• Excerpted records:
-- ===== src/Sessions/Bounds.antt =====
-- How many sessions are kept.
use mybro.Lru.{Lru}
use mybro.Prelude.{
  ℕ, zero, suc, ◌+◌, ◌≤◌, ◌<◌, ◌≡◌, String, List, [], ◌∷◌, Option-cases, Bool-cases, inl, inr, ltb,
  leb, arith,
}
use mybro.Sessions.{
  Session, State, Call, touching, tracking, touch, track, evict, make_room, fresh, again, run,
}

module _ (lru : Lru String Session) where
  len-evict :
      (rounds : ℕ) (c : lru.Cache)
      → lru.len c ≤ rounds + 8_000
      → lru.len (evict lru rounds c) ≤ 8_000
  unfolding evict
  len-evict zero c h = omega (arith, h)
  len-evict (suc rounds) c h = elim (Bool-cases (ltb 8_000 (lru.len c))) [
    | inl e ↦ rw (evict, e) (len-evict rounds (lru.pop_lru c) (omega (arith, lru.len-pop_lru c, h)))
    | inr e ↦ rw (evict, e) (ground arith)
  ]

  len-make_room : (c : lru.Cache) → lru.len (make_room lru c) < 10_000
  unfolding make_room
  len-make_room c = elim (Bool-cases (leb 10_000 (lru.len c))) [
    | inl e ↦ rw (make_room, e) (omega (arith, len-evict (lru.len c) c (omega arith)))
    | inr e ↦ rw (make_room, e) (ground arith)
  ]

  len-track :
      (fp : String) (idx : ℕ) (st : State lru)
      → lru.len st.inner ≤ 10_000
      → lru.len (track lru fp idx st).1.inner ≤ 10_000
  unfolding track
  len-track fp idx st h = elim (Option-cases (lru.lookup fp st.inner)) [
    | inl e ↦
        rw (track, e)
          (omega (
            arith,
            lru.len-put-le fp (fresh lru idx st.counter) (make_room lru st.inner),
            len-make_room st.inner,
          ))
    | inr (s, e) ↦ rw (track, e) (omega (arith, lru.len-modify fp (again idx) st.inner, h))
  ]

  len-touch : (fp : String) (st : State lru) → lru.len (touch lru fp st).1.inner ≡ lru.len st.inner
  unfolding touch
  len-touch fp st = elim (Option-cases (lru.get fp st.inner).0) [
    | inl e ↦ rw (touch, e) (lru.len-get fp st.inner)
    | inr (s, e) ↦ rw (touch, e) (lru.len-get fp st.inner)
  ]

  -- From at most 10,000 sessions on, no sequence of calls leads to more, even where the cache itself
  -- has room for more.
  pub len-run :
      (calls : List Call) (st : State lru)
      → lru.len st.inner ≤ 10_000
      → lru.len (run lru calls st).inner ≤ 10_000
  unfolding run
  len-run [] st h = h
  len-run (touching fp ∷ calls) st h =
      len-run calls (touch lru fp st).1 (omega (arith, len-touch fp st, h))
  len-run (tracking fp idx ∷ calls) st h =
      len-run calls (track lru fp idx st).1 (len-track fp idx st h)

• Exercise goal: Look above and repeat, character for character, the lines from the first one to the line with "(rounds : ℕ) (c : lru.Cache)", counting both.

• Result for this task:
-- ===== src/Sessions/Bounds.antt =====
-- How many sessions are kept.
use mybro.Lru.{Lru}
use mybro.Prelude.{
  ℕ, zero, suc, ◌+◌, ◌≤◌, ◌<◌, ◌≡◌, String, List, [], ◌∷◌, Option-cases, Bool-cases, inl, inr, ltb,
  leb, arith,
}
use mybro.Sessions.{
  Session, State, Call, touching, tracking, touch, track, evict, make_room, fresh, again, run,
}

module _ (lru : Lru String Session) where
  len-evict :
      (rounds : ℕ) (c : lru.Cache)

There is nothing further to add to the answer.